Choice of Law and Forum: Unless otherwise agreed and specified herein, these Terms and Conditions are governed by and construed in accordance with the laws of the State of New York, without giving effect to any principles of conflicts of law; You expressly and irrevocably agree that exclusive jurisdiction and venue for any claim or dispute with BNY Mellon, its employees, contractors, officers or directors or relating in any way to Your use of Electronic Access resides in the state or federal courts in New York City, New York; and You further irrevocably agree and expressly and irrevocably consent to the exercise of personal jurisdiction in those courts over any action brought with respect to these Terms and Conditions.
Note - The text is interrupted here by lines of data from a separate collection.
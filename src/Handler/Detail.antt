-- ===== src/Handler/Detail.antt =====
-- internal/handler/market.go: the page of a market, and the page of an outcome.
pub mod Laws
use total.Prelude.{
  ℕ, String, Bool, true, false, ◌&&◌, not, Option, none, some, List, [], ◌∷◌, ◌++◌, if◌then◌else◌,
}
use total.Prelude.Int.{pos}
use total.Bytes.{Bytes, text, is_empty, bytes_eq, trim_space, has_suffix}
use total.Errors.{Error, Result, ok, err, both}
use total.Model.{Market, MarketMetadata, Outcome, zero_float}
use total.Chart.{render_price_chart, default_width, default_height}
use total.Soroban.Client.{State}
use total.Service.Events.{EventService, TradeEvent, get_trade_events}
use total.Service.Factory.{FactoryService, MarketState}
use total.Service.States.{get_market_states}
use total.Service.Market.{UserBalance, get_balance}
use total.Handler.ErrorCode.{bad_request, not_found}
use total.Handler.ChartPoints.{events_to_chart_points}
use total.Handler.Web.{
  Request, Web, MarketHandler, MarketPage, OutcomePage, Common, common, Reply, http_error, page,
  aborted, market_page, outcome_page, account_id_from_cookie, Schedule, write_error,
}
use total.Handler.Trade.{configured, not_configured}
use total.Handler.Views.{describe, market_title, unscaled}
use total.Platform.{Platform}

abbrev pub load_failed : Bytes
load_failed = text "Failed to load balance — please try again."

module _ (P : Platform) (W : Web P) where
  open P use {floats}

  -- The market of a state, before its metadata: the fields that are not set are zero.
  unfoldable pub market_of : MarketState P → Market floats
  unfolding unscaled
  market_of st = record {
    id = st.contract_id;
    question = [];
    description = [];
    resolution_source = [];
    category = [];
    end_date = 0;
    collateral_asset = [];
    liquidity_param = zero_float floats;
    yes_sold = unscaled P W st.yes_sold;
    no_sold = unscaled P W st.no_sold;
    price_yes = st.price_yes;
    price_no = st.price_no;
    resolved_at = none;
    resolution =
        if st.resolved && not (is_empty st.winning_outcome) then st.winning_outcome else [];
    created_at = 0;
    metadata_hash = [];
  }

  -- The metadata on the page of a market, of which `id` and `hash` are those of the request and of
  -- the state.
  abbrev pub detailed :
      Bytes → Bytes → Market floats → Option (Result MarketMetadata) → Market floats
  detailed id hash market none = record market { question = market_title id }
  detailed id hash market (some (ok m)) = record market {
    question = m.question;
    description = m.description;
    resolution_source = m.resolution_source;
    category = m.category;
    end_date = m.end_date;
    created_at = m.created_at;
    metadata_hash = hash;
  }
  detailed id hash market (some (err e)) = record market {
    question = market_title id;
    metadata_hash = hash;
  }
  detailed id hash market (some (both m e)) = record market {
    question = market_title id;
    metadata_hash = hash;
  }

  -- The same on the page of an outcome.
  abbrev pub outlined :
      Bytes → Bytes → Market floats → Option (Result MarketMetadata) → Market floats
  outlined id hash market none = record market { question = market_title id }
  outlined id hash market (some (ok m)) = record market {
    question = m.question;
    description = m.description;
    metadata_hash = hash;
  }
  outlined id hash market (some (err e)) = record market {
    question = market_title id;
    metadata_hash = hash;
  }
  outlined id hash market (some (both m e)) = record market {
    question = market_title id;
    metadata_hash = hash;
  }

  -- The state of the one market that is asked for, or the reply without it.
  abbrev pub on_state :
      MarketHandler P W
      → Request
      → Result (List (MarketState P)) × State P
      → (MarketState P → State P → Reply P × State P)
      → Reply P × State P
  on_state h r (err e, s) k = (write_error P W h r e, s)
  on_state h r (both states e, s) k = (write_error P W h r e, s)
  on_state h r (ok [], s) k = (http_error (text "Market not found") not_found, s)
  on_state h r (ok (st ∷ more), s) k = k st s

  abbrev pub Balance : Type 0
  Balance = Option (UserBalance P) × Bytes

  abbrev pub balance_of : Result (UserBalance P) × State P → Balance × State P
  balance_of (ok b, s) = ((some b, []), s)
  balance_of (err e, s) = ((none, load_failed), s)
  balance_of (both b e, s) = ((none, load_failed), s)

  abbrev pub read_balance :
      MarketHandler P W → Schedule → Bytes → Bytes → State P → Balance × State P
  read_balance h o id account s =
      balance_of (get_balance P o.yes_first h.market_service id account s)

  -- On the page of a market the account may come from the query.
  unfoldable pub checked_balance :
      MarketHandler P W → Schedule → Bytes → Bytes → State P → Balance × State P
  checked_balance h o id account s =
      if is_empty account then ((none, []), s) else elim (P.parse_address account) [
        | some e ↦ ((none, text "Invalid Stellar public key format."), s)
        | none ↦ read_balance h o id account s
      ]

  unfoldable pub cookie_balance :
      MarketHandler P W → Schedule → Bytes → Bytes → State P → Balance × State P
  cookie_balance h o id account s =
      if is_empty account then ((none, []), s) else read_balance h o id account s

  -- The events of a market, and what went wrong.
  abbrev pub Events : Type 0
  Events = List (TradeEvent P) × Bytes

  abbrev pub events_of : Result (List (TradeEvent P)) × State P → Events × State P
  events_of (ok events, s) = ((events, []), s)
  events_of (err e, s) = (([], text "Failed to load trade history."), s)
  events_of (both events e, s) = (([], text "Failed to load trade history."), s)

  unfoldable pub load_events : MarketHandler P W → Bytes → State P → Events × State P
  load_events h id s = elim h.event_service [
    | none ↦ (([], []), s)
    | some m ↦ events_of (get_trade_events P m id s)
  ]

  -- The chart of the events, "" where there are none; `none` is a panic.
  unfoldable pub chart_of : List (TradeEvent P) → Option Bytes
  chart_of [] = some []
  chart_of (evt ∷ more) =
      render_price_chart floats W.clock (events_to_chart_points P (evt ∷ more)) (pos default_width)
        (pos default_height)

  -- `accountKey`, if there is one, and otherwise the cookie's account.
  unfoldable pub account_of : Request → Bytes
  account_of r =
      let key = trim_space (r.query "account") in
      if is_empty key then account_id_from_cookie P r else key

  -- The page of a market, when all has been read.
  abbrev pub market_reply :
      MarketHandler P W → Request → Market floats → Balance → Events → Option Bytes → Reply P
  market_reply h r market balance events none = aborted
  market_reply h r market balance events (some chart) = page (
      market_page
        (record {
          market = market;
          oracle_public_key = h.oracle_public_key;
          price_chart = chart;
          trade_events = events.0;
          events_error = events.1;
          user_balance = balance.0;
          balance_error = balance.1;
        })
        (record (common P W h r "markets") { account_id = account_of r }))

  unfoldable pub show_market :
      MarketHandler P W → Schedule → Request → MarketState P → State P → Reply P × State P
  unfolding market_of checked_balance load_events chart_of account_of
  show_market h o r st s =
      let (found, s1) = describe P W h st.metadata_hash s in
      let (balance, s2) = checked_balance h o r.path_id (account_of r) s1 in
      let (events, s3) = load_events h r.path_id s2 in
      (
        market_reply h r (detailed r.path_id st.metadata_hash (market_of st) found) balance events
            (chart_of events.0),
        s3,
      )

  unfoldable pub handle_market_detail :
      Schedule → MarketHandler P W → Request → State P → Reply P × State P
  unfolding show_market
  handle_market_detail o h r s =
      if is_empty r.path_id
      then (http_error (text "Contract ID required") bad_request, s)
      else elim (configured h.factory_service) [
        | none ↦ (not_configured P W, s)
        | some m ↦
            on_state h r (get_market_states P m h.state_cache o.states_order (r.path_id ∷ []) s)
              (show_market h o r)
      ]

  -- The outcome that a path ends with.
  unfoldable pub path_outcome : Bytes → Option Outcome
  path_outcome path =
      if has_suffix path (text "/yes")
      then some (text "YES")
      else if has_suffix path (text "/no")
      then some (text "NO")
      else none

  unfoldable pub outcome_price_of : Outcome → Market floats → floats.Float
  outcome_price_of outcome market =
      if bytes_eq outcome (text "YES") then market.price_yes else market.price_no

  unfoldable pub outcome_reply :
      MarketHandler P W → Request → Outcome → Market floats → Balance → Reply P
  unfolding outcome_price_of
  outcome_reply h r outcome market balance =
      let price = outcome_price_of outcome market in
      page (
        outcome_page
          (record {
            market = market;
            outcome = outcome;
            outcome_price = price;
            og_title = text "Vote " ++ (outcome ++ (text ": " ++ market.question));
            og_description =
                outcome
                ++ (text " is at "
                    ++ (floats.show_fixed 0 (floats.mul price (floats.of_int (pos 100)))
                        ++ text "% — Trade on Total"));
            user_balance = balance.0;
            balance_error = balance.1;
            network_passphrase = h.network_passphrase;
          })
          (common P W h r "markets"))

  unfoldable pub show_outcome :
      MarketHandler P W → Schedule → Request → Outcome → MarketState P → State P → Reply P × State P
  unfolding market_of cookie_balance outcome_reply
  show_outcome h o r outcome st s =
      let (found, s1) = describe P W h st.metadata_hash s in
      let (balance, s2) = cookie_balance h o r.path_id (account_id_from_cookie P r) s1 in
      (
        outcome_reply h r outcome (outlined r.path_id st.metadata_hash (market_of st) found)
            balance,
        s2,
      )

  unfoldable pub handle_outcome_page :
      Schedule → MarketHandler P W → Request → State P → Reply P × State P
  unfolding path_outcome show_outcome
  handle_outcome_page o h r s =
      if is_empty r.path_id
      then (http_error (text "Contract ID required") bad_request, s)
      else elim (path_outcome r.path) [
        | none ↦ (http_error (text "Invalid outcome") bad_request, s)
        | some outcome ↦ elim (configured h.factory_service) [
          | none ↦ (not_configured P W, s)
          | some m ↦
              on_state h r (get_market_states P m h.state_cache o.states_order (r.path_id ∷ []) s)
                (show_outcome h o r outcome)
        ]
      ]
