-- ===== src/Handler/Account.antt =====
-- internal/handler/market.go: the account's cookie, the health check, the quotes and the wallet's
-- link in JSON.
pub mod Laws
use total.Prelude.{
  ℕ, Bool, true, false, ◌||◌, not, ◌&&◌, Option, none, some, [], inl, inr, take, length, ltb, leb,
  ◌*◌, ◌^◌, if◌then◌else◌,
}
use total.Prelude.Int.{ℤ, pos, negsuc}
use total.Bytes.{Bytes, text, is_empty, has_prefix, trim_space}
use total.Errors.{Error, Result, ok, err, both, value?}
use total.Config.{is_testnet}
use total.Soroban.Client.{State}
use total.Service.Amount.{scale}
use total.Service.Quotes.{Quote, get_quote}
use total.Handler.ErrorCode.{bad_request, internal_server_error, bad_gateway}
use total.Handler.Web.{
  Request, Web, MarketHandler, SetCookie, set_account_id_cookie, WalletReply, not_created, not_sent,
  not_read, replied, Reply, http_error, redirect, json_error, json_quote, json_body, ok_text,
}
use total.Handler.Forms.{Form, then_form, require_outcome, require_positive}
use total.Platform.{Platform}

-- The cookie that clears the account.
abbrev pub cleared_cookie : SetCookie
cleared_cookie = record {
  value = [];
  path = text "/";
  max_age = negsuc 0;
  http_only = false;
  same_site_lax = false;
}

abbrev pub see_other : ℕ
see_other = 303

abbrev pub moved_permanently : ℕ
moved_permanently = 301

abbrev pub mtl_wallet_api : Bytes
mtl_wallet_api = text "https://eurmtl.me/remote/sep07/add"

abbrev pub max_wallet_uri_len : ℕ
max_wallet_uri_len = 64 * 1024

abbrev pub uri_prefix : Bytes
uri_prefix = text "web+stellar:tx?"

module _ (P : Platform) (W : Web P) where
  open P use {floats}

  -- Where `handleSetAccount` goes back to.
  unfoldable pub redirect_target : Request → Bytes
  redirect_target r =
      if is_empty r.referer then text "/" else elim (value? (W.url_path r.referer)) [
        | none ↦ text "/"
        | some path ↦ if is_empty path then text "/" else path
      ]

  unfoldable pub handle_set_account : Request → State P → Reply P × State P
  unfolding redirect_target
  handle_set_account r s = elim r.form_error [
    | some e ↦ (http_error (text "Invalid form data") bad_request, s)
    | none ↦
        let account_id = trim_space (r.form "account_id") in
        if is_empty account_id
        then (redirect (some cleared_cookie) (redirect_target r) see_other, s)
        else elim (P.parse_address account_id) [
          | some e ↦ (http_error (text "Invalid Stellar public key") bad_request, s)
          | none ↦ (
            redirect (some (set_account_id_cookie P account_id)) (redirect_target r) see_other,
            s,
          )
        ]
  ]

  unfoldable pub handle_redirect_to_oracle : State P → Reply P × State P
  handle_redirect_to_oracle s = (redirect none (text "/oracle") moved_permanently, s)

  unfoldable pub handle_health : State P → Reply P × State P
  handle_health s = (ok_text (text "OK"), s)

  abbrev pub quote_reply : Result (Quote P) × State P → Reply P × State P
  quote_reply (ok q, s) =
      (json_quote (floats.div (floats.of_int q.cost) (scale floats)) q.price_after, s)
  quote_reply (err e, s) = (json_error "quote unavailable" bad_gateway, s)
  quote_reply (both q e, s) = (json_error "quote unavailable" bad_gateway, s)

  unfoldable pub handle_api_quote : MarketHandler P W → Request → State P → Reply P × State P
  handle_api_quote h r s =
      if is_empty r.path_id
      then (json_error "contract ID required" bad_request, s)
      else elim (require_outcome (r.form "outcome")) [
        | inl m ↦ (json_error "invalid outcome" bad_request, s)
        | inr outcome ↦ elim (require_positive P "invalid amount" (r.form "amount")) [
          | inl m ↦ (json_error "invalid amount" bad_request, s)
          | inr amount ↦ quote_reply (get_quote P h.market_service r.path_id outcome amount s)
        ]
      ]

  -- What the wallet's server answers is passed on if it is JSON with no address or a safe one.
  unfoldable pub forward_wallet : ℕ → Bytes → Reply P
  forward_wallet status body =
      if leb 400 status
      then json_error "MTL Wallet returned an error" bad_gateway
      else elim (value? (W.unmarshal_wallet body)) [
        | none ↦ json_error "unexpected wallet response" bad_gateway
        | some url ↦
            if not (is_empty url) && not (has_prefix url (text "https://"))
            then json_error "unexpected wallet response" bad_gateway
            else json_body body
      ]

  -- Of a body 64 KB are read at most.
  unfoldable pub wallet_reply : WalletReply → Reply P
  unfolding forward_wallet
  wallet_reply (not_created e) = json_error "internal error" internal_server_error
  wallet_reply (not_sent e) = json_error "MTL Wallet is temporarily unavailable" bad_gateway
  wallet_reply (not_read e) = json_error "failed to read wallet response" bad_gateway
  wallet_reply (replied status body) = forward_wallet status (take (2 ^ 16) body)

  unfoldable pub handle_mtl_wallet : MarketHandler P W → Request → State P → Reply P × State P
  unfolding wallet_reply
  handle_mtl_wallet h r s =
      let uri = r.form "uri" in
      if is_testnet h.network_passphrase
      then (json_error "MTL Wallet is only available on mainnet" bad_request, s)
      else if is_empty uri || not (has_prefix uri uri_prefix)
      then (json_error "invalid Stellar URI" bad_request, s)
      else if ltb max_wallet_uri_len (length uri)
      then (json_error "URI too large" bad_request, s)
      else elim (value? (W.marshal_uri uri)) [
        | none ↦ (json_error "internal error" internal_server_error, s)
        | some body ↦
            let (x, w) = W.post_wallet mtl_wallet_api body s.world in
            (wallet_reply x, record s { world = w })
      ]
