-- ===== src/Handler/Routes.antt =====
-- internal/handler/market.go: `RegisterRoutes`, and `NewMarketHandler`.
pub mod Answers
pub mod Laws
use total.Prelude.{String, Option, none, some, List, [], ◌∷◌}
use total.Bytes.{Bytes}
use total.Soroban.Client.{State}
use total.Service.Events.{EventService}
use total.Service.Factory.{FactoryService}
use total.Service.States.{StateCache}
use total.Service.Reading.{MarketService}
use total.Ipfs.Store.{IpfsClient}
use total.Handler.Web.{Web, Request, Reply, Schedule, MarketHandler, gateway_of}
use total.Handler.Trade.{
  handle_get_quote, handle_build_buy_tx, handle_build_sell_tx, handle_resolve_market,
  handle_build_claim_tx, handle_build_withdraw_tx, handle_build_deploy_tx,
}
use total.Handler.Views.{handle_list_markets, handle_oracle_admin}
use total.Handler.Detail.{handle_market_detail, handle_outcome_page}
use total.Handler.Account.{
  handle_set_account, handle_redirect_to_oracle, handle_health, handle_api_quote, handle_mtl_wallet,
}
use total.Platform.{Platform}

module _ (P : Platform) (W : Web P) where
  -- `NewMarketHandler`
  unfoldable pub new_market_handler :
      MarketService
      → Option (FactoryService P)
      → StateCache P
      → Option (EventService P)
      → Option (IpfsClient (gateway_of P W) P.quote)
      → Bytes
      → Bytes
      → MarketHandler P W
  new_market_handler market factory states events ipfs oracle passphrase = record {
    market_service = market;
    factory_service = factory;
    state_cache = states;
    event_service = events;
    ipfs_client = ipfs;
    oracle_public_key = oracle;
    network_passphrase = passphrase;
  }

  abbrev pub Handle : Type 0
  Handle = MarketHandler P W → Request → State P → Reply P × State P

  -- A pattern of the mux, with its handler.
  pub record Route : Type 0 where
    pub pattern : String
    pub handle : Handle

  unfoldable pub routes : Schedule → List Route
  routes o =
      record { pattern = "GET /"; handle = handle_list_markets P W o }
      ∷ record { pattern = "GET /markets"; handle = handle_list_markets P W o }
      ∷ record { pattern = "GET /market/{id}"; handle = handle_market_detail P W o }
      ∷ record { pattern = "POST /market/{id}/quote"; handle = handle_get_quote P W }
      ∷ record { pattern = "POST /market/{id}/buy"; handle = handle_build_buy_tx P W }
      ∷ record { pattern = "POST /market/{id}/sell"; handle = handle_build_sell_tx P W }
      ∷ record { pattern = "POST /market/{id}/resolve"; handle = handle_resolve_market P W }
      ∷ record { pattern = "POST /market/{id}/claim"; handle = handle_build_claim_tx P W }
      ∷ record { pattern = "POST /market/{id}/withdraw"; handle = handle_build_withdraw_tx P W }
      ∷ record { pattern = "GET /market/{id}/yes"; handle = handle_outcome_page P W o }
      ∷ record { pattern = "GET /market/{id}/no"; handle = handle_outcome_page P W o }
      ∷ record { pattern = "POST /account"; handle = λ _. handle_set_account P W }
      ∷ record { pattern = "GET /oracle"; handle = handle_oracle_admin P W o }
      ∷ record { pattern = "GET /deploy"; handle = λ _ _. handle_redirect_to_oracle P W }
      ∷ record { pattern = "POST /deploy"; handle = handle_build_deploy_tx P W }
      ∷ record { pattern = "GET /health"; handle = λ _ _. handle_health P W }
      ∷ record { pattern = "POST /api/quote/{id}"; handle = handle_api_quote P W }
      ∷ record { pattern = "POST /api/mtl-wallet"; handle = handle_mtl_wallet P W }
      ∷ []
BNY Mellon and You hereby waive the right of trial by jury in any action arising out of or related to the BNY Mellon or these Terms and Conditions to the fullest extent permitted by law.

 

10.

Term and Termination:

 

  a.

Either BNY Mellon or You may terminate these Terms and Conditions and the Electronic Access upon thirty (30) days’ written notice to the other party.

 

  b.

In the event of any breach of the provisions of these Terms and Conditions or a breach by any Authorized User of the Terms of Use or the restrictions and requirements concerning the use of Information Providers’ proprietary data that are posted on the Data Terms Web Site, the non-breaching party may terminate these Terms and Conditions and the Electronic Access immediately upon written notice to the breaching party if any breach remains uncured after ten (10) business days’ written notice of the breach is sent to the breaching party.

 

  c.

BNY Mellon may with notice to You immediately terminate access through an Authorized User’s user-id and password and may, at its discretion, also terminate access by an Authorized User, without right of cure, in the event of an unauthorized use of an Authorized User’s user-id or password, or where BNY Mellon believes there is a security risk created by such access.

 

  d.

BNY Mellon may terminate, with as much advance notice as practicable, Your access or the access of Users to any portion or component of Electronic Access or the Sites in the event a BNY Mellon Supplier, Content Provider or Information Provider prohibits BNY Mellon from permitting You or Users to have access to their information or services.

 

  e.

Promptly upon receiving or giving notice of termination, You will notify all Users of the effective date of the termination.

 

  f.

Upon termination of Your access to Electronic Access, You shall return manuals, documentation, workflow descriptions and the like that are in Your possession or under Your control and all security identification devices.

 

  g.

The Reliance, Disclaimers, Limitation of Liability, Indemnification and Confidentiality provisions of these Terms and Conditions (and other provision of these Terms and Conditions containing disclaimers, limitation of liability and indemnification) shall survive the termination or expiration of these Terms and Conditions.

 

11.

Miscellaneous: For purposes of clarification, notwithstanding anything to the contrary contained in these Terms and Conditions, the Indemnification (section 8) and Limitation of Liability (section 7) provisions of these Terms and Conditions apply solely to Your access to and use of BNY Mellon’s electronic information delivery site known as “BNY Mellon Connect” and/or other BNY Mellon-designated access portals, and such provisions of these Terms and Conditions do not modify, amend or supersede any provisions of the Services Agreement or any other agreement between You and BNY Mellon.

Each party represents and warrants to the other party that these Terms and Conditions and the indemnity contained herein have been duly authorized and accepted, that such party has full authority to enter into these Terms and Conditions and that these Terms and Conditions constitute a binding obligation enforceable in accordance with its terms.